*Available data:*
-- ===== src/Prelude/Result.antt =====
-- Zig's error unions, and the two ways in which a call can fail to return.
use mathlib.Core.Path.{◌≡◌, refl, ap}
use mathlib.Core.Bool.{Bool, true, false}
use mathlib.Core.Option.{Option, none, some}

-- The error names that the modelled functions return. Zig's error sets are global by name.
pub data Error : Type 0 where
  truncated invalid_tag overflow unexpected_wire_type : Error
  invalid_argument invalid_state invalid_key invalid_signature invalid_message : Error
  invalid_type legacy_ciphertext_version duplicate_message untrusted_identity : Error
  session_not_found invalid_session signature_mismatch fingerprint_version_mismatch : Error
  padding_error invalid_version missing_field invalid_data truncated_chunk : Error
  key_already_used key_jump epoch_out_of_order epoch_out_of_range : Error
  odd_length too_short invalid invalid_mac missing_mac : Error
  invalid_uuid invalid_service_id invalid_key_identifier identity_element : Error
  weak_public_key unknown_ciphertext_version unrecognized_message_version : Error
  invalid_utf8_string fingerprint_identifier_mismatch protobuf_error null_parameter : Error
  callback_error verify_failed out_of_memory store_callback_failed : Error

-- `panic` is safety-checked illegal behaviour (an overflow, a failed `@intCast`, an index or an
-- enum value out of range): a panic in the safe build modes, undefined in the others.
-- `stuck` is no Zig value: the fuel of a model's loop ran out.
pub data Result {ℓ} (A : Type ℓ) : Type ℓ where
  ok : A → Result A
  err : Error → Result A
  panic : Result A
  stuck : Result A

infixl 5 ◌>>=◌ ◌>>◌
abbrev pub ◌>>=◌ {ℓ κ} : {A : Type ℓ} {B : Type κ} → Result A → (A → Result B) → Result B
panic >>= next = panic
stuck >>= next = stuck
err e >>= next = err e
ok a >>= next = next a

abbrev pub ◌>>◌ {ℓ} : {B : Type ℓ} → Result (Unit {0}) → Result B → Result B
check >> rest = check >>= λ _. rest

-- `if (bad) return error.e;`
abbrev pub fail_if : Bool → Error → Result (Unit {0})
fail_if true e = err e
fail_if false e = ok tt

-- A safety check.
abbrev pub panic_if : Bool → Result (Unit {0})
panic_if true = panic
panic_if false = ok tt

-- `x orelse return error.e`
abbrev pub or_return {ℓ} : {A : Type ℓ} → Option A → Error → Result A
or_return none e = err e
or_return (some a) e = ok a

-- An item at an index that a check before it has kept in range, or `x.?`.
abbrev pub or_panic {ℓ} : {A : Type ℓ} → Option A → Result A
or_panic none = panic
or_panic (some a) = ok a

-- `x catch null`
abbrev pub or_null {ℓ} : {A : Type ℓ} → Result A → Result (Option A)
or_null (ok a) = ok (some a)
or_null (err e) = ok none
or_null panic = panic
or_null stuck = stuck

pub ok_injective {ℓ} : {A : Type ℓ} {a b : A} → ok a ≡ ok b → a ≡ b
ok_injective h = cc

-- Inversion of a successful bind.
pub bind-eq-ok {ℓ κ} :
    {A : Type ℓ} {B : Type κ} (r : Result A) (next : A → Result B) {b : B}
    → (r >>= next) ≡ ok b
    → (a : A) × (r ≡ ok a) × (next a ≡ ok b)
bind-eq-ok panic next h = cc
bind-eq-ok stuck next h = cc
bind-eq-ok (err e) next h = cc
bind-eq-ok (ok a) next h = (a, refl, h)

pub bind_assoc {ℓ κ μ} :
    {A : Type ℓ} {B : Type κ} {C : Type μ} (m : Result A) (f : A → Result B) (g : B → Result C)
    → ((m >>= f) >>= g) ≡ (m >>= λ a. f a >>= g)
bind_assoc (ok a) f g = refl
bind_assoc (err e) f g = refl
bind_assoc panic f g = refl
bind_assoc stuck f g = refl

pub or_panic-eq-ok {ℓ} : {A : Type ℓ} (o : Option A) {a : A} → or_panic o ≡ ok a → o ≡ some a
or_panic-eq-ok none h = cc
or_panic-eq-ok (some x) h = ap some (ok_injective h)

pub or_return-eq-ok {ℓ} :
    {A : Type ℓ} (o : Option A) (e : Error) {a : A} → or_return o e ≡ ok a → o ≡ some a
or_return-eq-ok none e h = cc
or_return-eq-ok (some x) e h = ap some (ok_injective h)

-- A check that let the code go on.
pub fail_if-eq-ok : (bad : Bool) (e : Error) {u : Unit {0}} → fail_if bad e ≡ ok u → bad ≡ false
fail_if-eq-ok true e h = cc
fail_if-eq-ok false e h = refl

*What needs to be done:* Please restate every record above word for word.

*Reply to the task:*
-- ===== src/Prelude/Result.antt =====
-- Zig's error unions, and the two ways in which a call can fail to return.
use mathlib.Core.Path.{◌≡◌, refl, ap}
use mathlib.Core.Bool.{Bool, true, false}
use mathlib.Core.Option.{Option, none, some}

-- The error names that the modelled functions return. Zig's error sets are global by name.
pub data Error : Type 0 where
  truncated invalid_tag overflow unexpected_wire_type : Error
  invalid_argument invalid_state invalid_key invalid_signature invalid_message : Error
  invalid_type legacy_ciphertext_version duplicate_message untrusted_identity : Error
  session_not_found invalid_session signature_mismatch fingerprint_version_mismatch : Error
  padding_error invalid_version missing_field invalid_data truncated_chunk : Error
  key_already_used key_jump epoch_out_of_order epoch_out_of_range : Error
  odd_length too_short invalid invalid_mac missing_mac : Error
  invalid_uuid invalid_service_id invalid_key_identifier identity_element : Error
  weak_public_key unknown_ciphertext_version unrecognized_message_version : Error
  invalid_utf8_string fingerprint_identifier_mismatch protobuf_error null_parameter : Error
  callback_error verify_failed out_of_memory store_callback_failed : Error

-- `panic` is safety-checked illegal behaviour (an overflow, a failed `@intCast`, an index or an
-- enum value out of range): a panic in the safe build modes, undefined in the others.
-- `stuck` is no Zig value: the fuel of a model's loop ran out.
pub data Result {ℓ} (A : Type ℓ) : Type ℓ where
  ok : A → Result A
  err : Error → Result A
  panic : Result A
  stuck : Result A

infixl 5 ◌>>=◌ ◌>>◌
abbrev pub ◌>>=◌ {ℓ κ} : {A : Type ℓ} {B : Type κ} → Result A → (A → Result B) → Result B
panic >>= next = panic
stuck >>= next = stuck
err e >>= next = err e
ok a >>= next = next a

abbrev pub ◌>>◌ {ℓ} : {B : Type ℓ} → Result (Unit {0}) → Result B → Result B
check >> rest = check >>= λ _. rest

-- `if (bad) return error.e;`
abbrev pub fail_if : Bool → Error → Result (Unit {0})
fail_if true e = err e
fail_if false e = ok tt

-- A safety check.
abbrev pub panic_if : Bool → Result (Unit {0})
panic_if true = panic
panic_if false = ok tt

-- `x orelse return error.e`
abbrev pub or_return {ℓ} : {A : Type ℓ} → Option A → Error → Result A
or_return none e = err e
or_return (some a) e = ok a

-- An item at an index that a check before it has kept in range, or `x.?`.
abbrev pub or_panic {ℓ} : {A : Type ℓ} → Option A → Result A
or_panic none = panic
or_panic (some a) = ok a

-- `x catch null`
abbrev pub or_null {ℓ} : {A : Type ℓ} → Result A → Result (Option A)
or_null (ok a) = ok (some a)
or_null (err e) = ok none
or_null panic = panic
or_null stuck = stuck

pub ok_injective {ℓ} : {A : Type ℓ} {a b : A} → ok a ≡ ok b → a ≡ b
ok_injective h = cc

-- Inversion of a successful bind.
pub bind-eq-ok {ℓ κ} :
    {A : Type ℓ} {B : Type κ} (r : Result A) (next : A → Result B) {b : B}
    → (r >>= next) ≡ ok b
    → (a : A) × (r ≡ ok a) × (next a ≡ ok b)
bind-eq-ok panic next h = cc
bind-eq-ok stuck next h = cc
bind-eq-ok (err e) next h = cc
bind-eq-ok (ok a) next h = (a, refl, h)

pub bind_assoc {ℓ κ μ} :
    {A : Type ℓ} {B : Type κ} {C : Type μ} (m : Result A) (f : A → Result B) (g : B → Result C)
    → ((m >>= f) >>= g) ≡ (m >>= λ a. f a >>= g)
bind_assoc (ok a) f g = refl
bind_assoc (err e) f g = refl
bind_assoc panic f g = refl
bind_assoc stuck f g = refl

pub or_panic-eq-ok {ℓ} : {A : Type ℓ} (o : Option A) {a : A} → or_panic o ≡ ok a → o ≡ some a
or_panic-eq-ok none h = cc
or_panic-eq-ok (some x) h = ap some (ok_injective h)

pub or_return-eq-ok {ℓ} :
    {A : Type ℓ} (o : Option A) (e : Error) {a : A} → or_return o e ≡ ok a → o ≡ some a
or_return-eq-ok none e h = cc
or_return-eq-ok (some x) e h = ap some (ok_injective h)

-- A check that let the code go on.
pub fail_if-eq-ok : (bad : Bool) (e : Error) {u : Unit {0}} → fail_if bad e ≡ ok u → bad ≡ false
fail_if-eq-ok true e h = cc
fail_if-eq-ok false e h = refl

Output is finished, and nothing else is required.